Specific metadata for chart content. (Currently identical in structure to TableMetadataSchema but semantically distinct).

Field Type Default Value Description
caption str "" Caption associated with the chart.
table_format TableFormatEnum Required Underlying data format of the chart (e.g., data might be in csv format). Uses TableFormatEnum.
table_content str "" String representation of the chart's underlying data.
table_content_format Union[TableFormatEnum, str] "" Specific format of table_content.
table_location tuple (0, 0, 0, 0) Bounding box or coordinates of the chart within its source.
table_location_max_dimensions tuple (0, 0) Maximum dimensions of the space where table_location is defined.
uploaded_image_uri str "" URI of an image representation of the chart, if applicable.

AudioMetadataSchema

Specific metadata for audio content.

Field Type Default Value Description
audio_transcript str "" Transcript of the audio content.
audio_type str "" Type or format of the audio (e.g., mp3, wav).

ErrorMetadataSchema (Currently Unused)

Metadata describing errors encountered during processing.

Field Type Default Value Description
task TaskTypeEnum Required The task that was being performed when the error occurred. Uses TaskTypeEnum.
status StatusEnum Required The status indicating failure. Uses StatusEnum.
source_id str "" Identifier of the source item that caused the error, if applicable.
error_msg str Required The error message.

InfoMessageMetadataSchema (Currently Unused)

Informational messages related to processing.

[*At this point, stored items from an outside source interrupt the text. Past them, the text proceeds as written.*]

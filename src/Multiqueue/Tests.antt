-- ===== src/Multiqueue/Tests.antt =====
-- The queue operations of mini_rtos/src/multiqueue.c on small queues.
use self_mini_os.Common.{
  ℕ, ◌+◌, ◌-◌, ◌<◌, ◌≡◌, refl, inl, Bool, true, false, none, some, List, [], ◌∷◌, arith, ◌==◌,
  length, if◌then◌else◌,
}
use self_mini_os.Semaphore.{Semaphores}
use self_mini_os.Multiqueue.{
  QueueType, fifo, priority, round_robin, block, QueueItem, Queue, Request, enqueue_bytes,
  insert_item, insert_by_priority, link, enqueue, dequeue, item_of, remove_expired, resize,
  link_after,
}
use self_mini_os.Multiqueue.Stable.{by_priority}
use self_mini_os.Multiqueue.Order.{StablyInserted, enqueue-priority, dequeue-round_robin}
use self_mini_os.Multiqueue.Counts.{
  IsValid, IsCounted, Sifted, calls-IsValid, remove_expired_unbalances,
}
use self_mini_os.Multiqueue.Run.{
  Op, put, get, run, run_refines, spec_run, cells, plenty, spec_put_bytes, spec_get,
}

take_unit : ℕ → Bool × ℕ
take_unit n = if n == 0 then (false, n) else (true, n - 1)

take_unit-true : (n : ℕ) → (take_unit n).0 ≡ true → (take_unit n).1 + 1 ≡ n
unfolding take_unit
take_unit-true n h = ground arith

take_unit-false : (n : ℕ) → (take_unit n).0 ≡ false → (take_unit n).1 ≡ n
unfolding take_unit
take_unit-false n h = ground arith

take_unit_pos : (n : ℕ) → 0 < n → (take_unit n).0 ≡ true
unfolding take_unit
take_unit_pos n h = ground arith

-- a semaphore that is its count
instance abbrev counting : Semaphores ℕ
counting = record {
  create = λ n. n;
  wait = λ n t. take_unit n;
  post = λ n. n + 1;
  reset = λ n m. m;
  value = λ n. n;
  value-create = λ n. refl;
  value-post = λ n. refl;
  value-reset = λ n m. refl;
  value-wait_true = λ n t. take_unit-true n;
  value-wait_false = λ n t. take_unit-false n;
  wait_pos = λ n t. take_unit_pos n;
}

abbrev item : ℕ → ℕ → QueueItem
item p d = record { payload = p ∷ []; size = 1; priority = p; deadline = d; weight = 0 }

abbrev request : ℕ → ℕ → Request
request p d = record {
  buffer = some (p ∷ []);
  size = 1;
  priority = p;
  deadline = d;
  weight = 0;
  timeout_ms = 5;
}

abbrev two : QueueType → Queue ℕ
two t = record {
  type = t;
  policy = block;
  max_items = 3;
  current_items = 2;
  item_size = 4;
  items = item 7 10 ∷ item 4 20 ∷ [];
  stats = record {
    enqueued = 2;
    dequeued = 0;
    dropped = 0;
    timeouts = 0;
    peak_usage = 2;
    current_usage = 2;
  };
  not_empty = 2;
  not_full = 1;
}

two-IsValid : (t : QueueType) → IsValid (two t)
two-IsValid t = record { counts = omega arith; balance = omega arith }

enqueue_in_order :
    (enqueue (two priority) (request 7 1) plenty).1.items ≡ item 7 10 ∷ item 7 1 ∷ item 4 20 ∷ []
unfolding enqueue enqueue_bytes link insert_item insert_by_priority link_after item_of take_unit
enqueue_in_order = refl

calls-IsValid_example :
    IsValid (enqueue (two round_robin) (request 1 1) plenty).1
    × IsValid (dequeue (two round_robin) 9).1
    × IsValid (resize (two round_robin) 8).1
calls-IsValid_example =
    calls-IsValid (two round_robin) (request 1 1) plenty 9 8 (omega arith) (two-IsValid round_robin)

-- the item of deadline 10 is dropped, and `not_empty` still holds two units
remove_expired_unbalances_example :
    let (gone, q') = remove_expired (two fifo) 15 in
    Sifted 15 (two fifo).items q'.items gone
    × IsCounted q'
    × (q'.not_empty ≡ length q'.items + gone)
    × (q'.not_full + length q'.items + gone ≡ 3)
unfolding remove_expired
remove_expired_unbalances_example = remove_expired_unbalances (two fifo) 15 (two-IsValid fifo)

enqueue-priority_example :
    StablyInserted by_priority
      (item 7 1)
      (two priority).items
      (enqueue (two priority) (request 7 1) plenty).1.items
unfolding enqueue enqueue_bytes item_of take_unit
enqueue-priority_example =
    enqueue-priority (two priority) (request 7 1) plenty refl ((refl, tt), (tt, tt)) refl refl

-- the second item comes out
dequeue-round_robin_example :
    ((dequeue (two round_robin) 5).0 ≡ some (1, 4 ∷ []))
    × ((dequeue (two round_robin) 5).1.items ≡ item 7 10 ∷ [])
dequeue-round_robin_example =
    dequeue-round_robin (two round_robin) 5 (two-IsValid round_robin) refl refl

abbrev script : List Op
script = put (request 1 1) ∷ put (request 2 2) ∷ get 5 ∷ get 5 ∷ get 5 ∷ get 5 ∷ []

run_refines_example : run (two fifo) script ≡ spec_run 3 4 (cells (two fifo).items) script
run_refines_example = run_refines script (two fifo) (two-IsValid fifo) (inl refl)

spec_run_example :
    spec_run 3 4 (cells (two fifo).items) script
    ≡ (true, none)
      ∷ (false, none)
      ∷ (true, some (1, 7 ∷ []))
      ∷ (true, some (1, 4 ∷ []))
      ∷ (true, some (1, 1 ∷ []))
      ∷ (false, none)
      ∷ []
unfolding spec_run spec_put_bytes spec_get cells
spec_run_example = refl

Field Type Default Value Description
task TaskTypeEnum Required The task associated with this informational message. Uses TaskTypeEnum.
status StatusEnum Required The status related to this message (e.g., INFO, WARNING). Uses StatusEnum.
message str Required The informational message content.
filter bool Required A flag indicating if this message should be used for filtering purposes.

Enums Used

This schema relies on several enums defined in nv_ingest_api.internal.enums.common:

  • AccessLevelEnum: Defines access levels (e.g., PUBLIC, CONFIDENTIAL, UNKNOWN).
  • ContentTypeEnum: Defines types of content (e.g., TEXT, IMAGE, AUDIO, STRUCTURED, NONE).
  • TextTypeEnum: Defines types of text (e.g., DOCUMENT, TITLE, OCR, CAPTION).
  • LanguageEnum: Defines languages (e.g., ENGLISH (en), SPANISH (es)).
  • TableFormatEnum: Defines table formats (e.g., CSV, HTML, TEXT).
  • StatusEnum: Defines processing statuses (e.g., SUCCESS, FAILURE, PROCESSING, INFO, WARNING).
  • DocumentTypeEnum: Defines types of source documents (e.g., PDF, DOCX, TXT, URL, PNG, MP3).
  • TaskTypeEnum: Defines types of processing tasks (e.g., EXTRACTION, EMBEDDING, STORAGE).